Einen Monat später fühlte sie sich nur noch benommen. Jedes Mal, wenn sie mit Rafael schlief, war es noch intensiver als zuvor. Jede Liebesnacht schien ihr ein Stück ihrer Seele zu nehmen. Isobel kam es vor, als käme sie gar nicht mehr zum Atemholen.
Sie war dabei, goldene Ohrringe anzulegen, denn heute Abend erwarteten sie Gäste zum Dinner. Kaum zu glauben, aber inzwischen sah sie ihren Mann in einem ganz anderen Licht. Ein großer Teil seiner Arbeit geschah aus reiner Menschenliebe. Dass kaum jemand davon wusste, lag an seiner angeborenen Bescheidenheit. Er wollte einfach nicht, dass seine Arbeit zu bekannt wurde. Denn wenn seine Wohltätigkeitsarbeit anonym blieb, so glaubte er jedenfalls, konnte er mehr aus seinen Kunden herausholen.

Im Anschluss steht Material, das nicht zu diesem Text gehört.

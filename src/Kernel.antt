-- ===== src/Kernel.antt =====
-- The state that sched.c, sys.c and interrupt.c share: the array of tasks, the queues' pointers and
-- the globals of the scheduler. `task[i]` is the number i, and `current()` is the task on whose
-- stack the processor runs.
pub mod Sample
use so2_soa_fib.Common.{
  ℕ, ◌+◌, ◌-◌, ◌*◌, ◌/◌, ◌%◌, ◌^◌, Option, none, some, ltb, if◌then◌else◌, update, ℤ, to_word,
}
use so2_soa_fib.CircularBuffer.{CircularBuffer}
use so2_soa_fib.Frames.{PhysMem}
use so2_soa_fib.ListHead.{Ptr, Links}
use so2_soa_fib.Screen.{Screen}
use so2_soa_fib.Utils.{Memory}
use so2_soa_fib.PageTable.{PageTable, pbase_addr, get_frame}

-- `struct stats`; every field is an `unsigned long`.
pub record TaskStats : Type 0 where
  pub user_ticks : ℕ
  pub system_ticks : ℕ
  pub blocked_ticks : ℕ
  pub ready_ticks : ℕ
  pub elapsed_total_ticks : ℕ
  pub total_trans : ℕ
  pub remaining_ticks : ℕ

-- `struct task_struct`, without the stack and its pointer. `dir` is the directory's index.
pub record Task : Type 0 where
  pub pid : ℤ
  pub dir : ℕ
  pub quantum : ℕ
  pub estat : TaskStats
  pub nice : ℕ
  pub brk : ℕ

pub record Kernel : Type 0 where
  pub task : ℕ → Task
  pub links : Links
  pub running : ℕ
  pub quantum_ticks : ℤ
  -- `tss.esp0` and the register MSR 0x175 point to the end of this task's stack, `cr3` to its
  -- directory.
  pub esp0 : ℕ
  pub cr3 : ℕ
  -- The values that the time-stamp counter gives, reading by reading, and how many were read.
  pub tsc : ℕ → ℕ
  pub readings : ℕ
  -- The byte map of frames, `dir_pages` (entry 0 of each directory), the page at which
  -- `pagusr_table` stands, and the page tables by the page at which each stands.
  pub phys_mem : PhysMem
  pub dir_pages : ℕ → ℕ
  pub pagusr_page : ℕ
  pub tables : ℕ → PageTable
  pub idle_task : ℕ
  pub next_pid : ℕ
  pub zeos_ticks : ℕ
  pub keyboard_buffer : CircularBuffer
  -- The globals of the frames per second: `spf_last_screen` is an address, 0 for NULL.
  pub spf_pid : ℤ
  pub spf_ticks : ℤ
  pub spf_sem : ℤ
  pub gfps : ℤ
  pub spf_last_screen : ℕ
  -- The screen, and the memory by physical address.
  pub screen : Screen
  pub ram : Memory

abbrev pub nr_tasks : ℕ
nr_tasks = 10

-- The addresses of the queues' heads and of `task[i].task.list`. Only that they differ and are not
-- NULL matters.
abbrev pub freequeue : Ptr
freequeue = 1

abbrev pub readyqueue : Ptr
readyqueue = 2

abbrev pub priorityqueue : Ptr
priorityqueue = 3

abbrev pub node : ℕ → Ptr
node i = i + 4

-- The PCB around a list node; there is none around a queue's head.
unfoldable pub list_head_to_task_struct : Ptr → Option ℕ
list_head_to_task_struct l = if ltb l 4 then none else some (l - 4)

abbrev pub current : Kernel → Task
current k = k.task k.running

unfoldable pub set_task : ℕ → Task → Kernel → Kernel
set_task i t k = record k { task = update k.task i t }

-- `get_PT`: the page at which the table of a directory stands.
abbrev pub get_pt : Kernel → Task → ℕ
get_pt k t = pbase_addr (k.dir_pages t.dir)

-- `allocate_DIR`: the directory of the same index.
unfoldable pub allocate_dir : ℕ → Kernel → Kernel
unfolding set_task
allocate_dir i k = let t = k.task i in set_task i (record t { dir = i }) k

-- `get_ticks`: the counter in units of CYCLESPERTICK.
abbrev pub ticks_at : Kernel → ℕ → ℕ
ticks_at k n = k.tsc n / 109000 % 2 ^ 32

-- a + b - c in an `unsigned long`.
abbrev pub add_elapsed : ℕ → ℕ → ℕ → ℕ
add_elapsed total now since = (total + (now + 2 ^ 32 - since) % 2 ^ 32) % 2 ^ 32

unfoldable pub init_stat : ℕ → Kernel → Kernel
unfolding set_task
init_stat i k =
    let t = k.task i in
    let st : TaskStats = record {
      user_ticks = 0;
      system_ticks = 0;
      blocked_ticks = 0;
      ready_ticks = 0;
      elapsed_total_ticks = ticks_at k k.readings;
      total_trans = 0;
      remaining_ticks = t.quantum;
    } in
    record (set_task i (record t { estat = st }) k) { readings = k.readings + 1 }

-- The two readings of the clock of `user_to_sys` and its two kin, and the quantum that is left.
abbrev stamp : Kernel → TaskStats → TaskStats
stamp k st = record st {
  elapsed_total_ticks = ticks_at k (k.readings + 1);
  remaining_ticks = to_word k.quantum_ticks;
}

unfoldable pub user_to_sys : Kernel → Kernel
unfolding set_task
user_to_sys k =
    let t = current k in
    let st = t.estat in
    let st' = record (stamp k st) {
      user_ticks = add_elapsed st.user_ticks (ticks_at k k.readings) st.elapsed_total_ticks;
    } in
    record (set_task k.running (record t { estat = st' }) k) { readings = k.readings + 2 }

unfoldable pub sys_to_user_ready : Kernel → Kernel
unfolding set_task
sys_to_user_ready k =
    let t = current k in
    let st = t.estat in
    let st' = record (stamp k st) {
      system_ticks = add_elapsed st.system_ticks (ticks_at k k.readings) st.elapsed_total_ticks;
    } in
    record (set_task k.running (record t { estat = st' }) k) { readings = k.readings + 2 }

unfoldable pub ready_to_sys : Kernel → Kernel
unfolding set_task
ready_to_sys k =
    let t = current k in
    let st = t.estat in
    let st' = record (stamp k st) {
      ready_ticks = add_elapsed st.ready_ticks (ticks_at k k.readings) st.elapsed_total_ticks;
      total_trans = (st.total_trans + 1) % 2 ^ 32;
    } in
    record (set_task k.running (record t { estat = st' }) k) { readings = k.readings + 2 }

-- Where the processor finds an address of a page that is present: in the frame on which the page table
-- has it. On a page that is not present the processor faults; `Pointers` tests this for each address
-- that a system call is given.
unfoldable pub translate : PageTable → ℕ → ℕ
unfolding get_frame
translate pt a = get_frame pt (a / 4096) * 4096 + a % 4096

unfoldable pub view : PageTable → Memory → Memory
unfolding translate
view pt ram a = ram (translate pt a)

-- The table of the directory in `cr3`, and memory as the running task sees it.
abbrev pub cr3_table : Kernel → PageTable
cr3_table k = k.tables (pbase_addr (k.dir_pages k.cr3))

unfoldable pub user_memory : Kernel → Memory
unfolding view
user_memory k = view (cr3_table k) k.ram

Nach einem letzten prüfenden Blick verließ sie das Schlafzimmer, entschlossen, Rafael nichts von ihren zärtlichen Gefühlen merken zu lassen. So schmerzte sie seine kühle Distanz weniger. Das Herz krampfte sich ihr zusammen, wenn sie sich an den Tag vor ein paar Wochen erinnerte. Da hatte er sie mit der Aufforderung überrascht, doch einmal eine Ausfahrt mit dem Bugatti Oldtimer zu wagen.